11 Mr Star argues that instead of certification for a fee upon brief and seven refreshers, that I ought to award a fee upon brief and six refreshers, given that much of the first day of the proceeding, the 9th August 2010, was taken up with argument about the late amendment to the defendant’s Defence. A significant proportion of the first day was taken up in that argument. As was submitted by Mr Korman, in large part the amendment came about as a result of the discovery made by the plaintiff, in particular of an email provided shortly before trial, and which contained words which had been earlier omitted.[4] That, I am satisfied, provided a significant basis for the amendment of the Defence. I will allow the defendant’s claim for a brief and seven refreshers.
[4] Judgment at paragraph 121
12 Mr Star further argues there ought to be a reduction in costs claimed by the defendant on the various bases as set out above. Generally, Mr Star submits there should be a reduction of twenty to twenty-five per cent.
13 On 15 April 2010, his Honour Judge Anderson made an order[5] that:
“The defendant will not, in any event, receive its costs of amending its defence or complying with paragraph 2 or the costs of the hearing today or the correspondence between solicitors leading up to the hearing.”
[5] Order 6(b)
14 In my view, it is not appropriate to disturb his Honour’s order, and the order will remain extant.

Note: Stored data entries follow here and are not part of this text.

-- ===== src/Gateway/Quota/Scripts.antt =====
-- What the two scripts do to every field of every hash.
use agent_studio.Base.{ℕ, ◌+◌, ◌-◌, ◌≡◌, true, ◌&&◌, arith, ◌≤◌, ◌<◌, if◌then◌else◌}
use agent_studio.Base.Eq.{list_eq, nat_eq, list_beq, list_beq_iff}
use agent_studio.Base.Text.{Text}
use agent_studio.Gateway.Quota.{HashStore, reserved, spent, reserve_script, reconcile_script}

module _ {S : Type 0} (redis : HashStore S) where
  pub reserved-reserve_script :
      (k j : Text) (limit est : ℕ) (s : S)
      → redis.hget j reserved (reserve_script redis k limit est s).0
        ≡ redis.hget j reserved s
          + (if list_beq k j && (reserve_script redis k limit est s).1 then est else 0)
  unfolding reserve_script
  reserved-reserve_script k j limit est s = ground (
    arith,
    redis.hget-hset k j reserved reserved (redis.hget k reserved s + est) s,
    list_beq_iff k j,
  )

  pub spent-reserve_script :
      (k j : Text) (limit est : ℕ) (s : S)
      → redis.hget j spent (reserve_script redis k limit est s).0 ≡ redis.hget j spent s
  unfolding reserve_script
  spent-reserve_script k j limit est s =
      ground (arith, redis.hget-hset k j reserved spent (redis.hget k reserved s + est) s)

  pub reserved-reconcile_script :
      (k j : Text) (est actual : ℕ) (s : S)
      → redis.hget j reserved (reconcile_script redis k est actual s)
        ≡ redis.hget j reserved s - (if list_beq k j then est else 0)
  unfolding reconcile_script
  reserved-reconcile_script k j est actual s =
      let less = redis.hget k reserved s - est in
      let s1 = redis.hset k reserved less s in
      ground (
        arith,
        redis.hget-hset k j spent reserved (redis.hget k spent s1 + actual) s1,
        redis.hget-hset k j reserved reserved less s,
        list_beq_iff k j,
      )

  pub spent-reconcile_script :
      (k j : Text) (est actual : ℕ) (s : S)
      → redis.hget j spent (reconcile_script redis k est actual s)
        ≡ redis.hget j spent s + (if list_beq k j then actual else 0)
  unfolding reconcile_script
  spent-reconcile_script k j est actual s =
      let less = redis.hget k reserved s - est in
      let s1 = redis.hset k reserved less s in
      ground (
        arith,
        redis.hget-hset k j spent spent (redis.hget k spent s1 + actual) s1,
        redis.hget-hset k j reserved spent less s,
        redis.hget-hset k k reserved spent less s,
        list_beq_iff k j,
      )

  pub reserve_script_room :
      (k : Text) (limit est : ℕ) (s : S)
      → (reserve_script redis k limit est s).1 ≡ true
      → 0 < limit
      → redis.hget k spent s + redis.hget k reserved s + est ≤ limit
  unfolding reserve_script
  reserve_script_room k limit est s h pos = ground arith
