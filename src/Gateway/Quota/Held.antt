-- ===== src/Gateway/Quota/Held.antt =====
-- What a reservation holds, and that a rollback gives it back.
use agent_studio.Base.{ℕ, suc, ◌+◌, ◌≡◌, Bool, true, List, [], ◌∷◌, ◌++◌, arith, if◌then◌else◌}
use agent_studio.Base.Eq.{list_eq, nat_eq, list_beq}
use agent_studio.Base.Text.{Text}
use agent_studio.Gateway.Quota.{HashStore, reserved, spent, reconcile_script, settle_keys}
use agent_studio.Gateway.Quota.Scripts.{reserved-reconcile_script, spent-reconcile_script}

-- What the keys hold of the hash `j`, `est` for each time that it is among them.
unfoldable pub held : ℕ → Text → List Text → ℕ
held est j [] = 0
held est j (k ∷ ks) = (if list_beq k j then est else 0) + held est j ks

pub held-append :
    (est : ℕ) (j : Text) (ks ls : List Text) → held est j (ks ++ ls) ≡ held est j ks + held est j ls
unfolding held
held-append est j [] ls = omega arith
held-append est j (k ∷ ks) ls = ground (arith, held-append est j ks ls)

pub held_one : (est : ℕ) (j k : Text) → held est j (k ∷ []) ≡ (if list_beq k j then est else 0)
unfolding held
held_one est j k = ground arith

module _ {S : Type 0} (redis : HashStore S) where
  -- The store `t` is `s` with the money that the keys hold.
  abbrev pub IsHeld : ℕ → List Text → S → S → Type 0
  IsHeld est keys s t =
      (j : Text)
      → (redis.hget j reserved t ≡ redis.hget j reserved s + held est j keys)
        × (redis.hget j spent t ≡ redis.hget j spent s)

  -- Answered calls of a rollback give back what the keys hold.
  pub settle_keys-IsHeld :
      (up : ℕ → Bool) (est : ℕ) (keys : List Text) (n : ℕ) (s t : S)
      → ((m : ℕ) → up m ≡ true)
      → IsHeld est keys s t
      → IsHeld est [] s (settle_keys redis up est 0 keys n t)
  unfolding settle_keys held
  settle_keys-IsHeld up est [] n s t ok h = h
  settle_keys-IsHeld up est (k ∷ ks) n s t ok h = rw (ok n) (
      settle_keys-IsHeld up est ks (suc n) s (reconcile_script redis k est 0 t) ok (λ j. ground (
        arith,
        h j,
        reserved-reconcile_script redis k j est 0 t,
        spent-reconcile_script redis k j est 0 t,
      )))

15 Mr Star further submits that the defendant ought be awarded no costs in respect of the amendments to its Defence on 29 July 2010 or 10 August 2010. In my view, the defendant ought be entitled to the costs of this amendment for the reasons set forth above.
16 On the other hand, the amendments to the defendant’s Defence of 6 May 2010 was a matter that could have been pleaded in the original Defence. It is not appropriate that the defendant be entitled to costs of that amendment.
17 True it is that the Defence in its finally amended form did contain issues which were either not pressed, or not relevant given the Court’s findings; however, it was not inappropriate for the defendant to plead these various matters, even although they were not relied upon at trial. Costs ought be disallowed only where it can be shown that a pleading is frivolous, of no merit or vexatious. In my view, it is appropriate that the defendant be entitled to the costs of those pleadings. Likewise, the application by the defendant to withdraw admissions was based upon late discovery. Any costs related to such a matter ought be allowed.
18 Given the defendant succeeded in its application for further discovery by summons of 3 August 2010, its costs of that application should not be disallowed.
19 Costs in relation to the Court Book ought be allowed to the defendant only to the extent to which it contributed to the preparation and service thereof.
20 There is no basis upon which the defendant ought not be entitled to its costs of written submissions. Written submissions were appropriate in the circumstances.
21 I shall make final orders reflecting this ruling.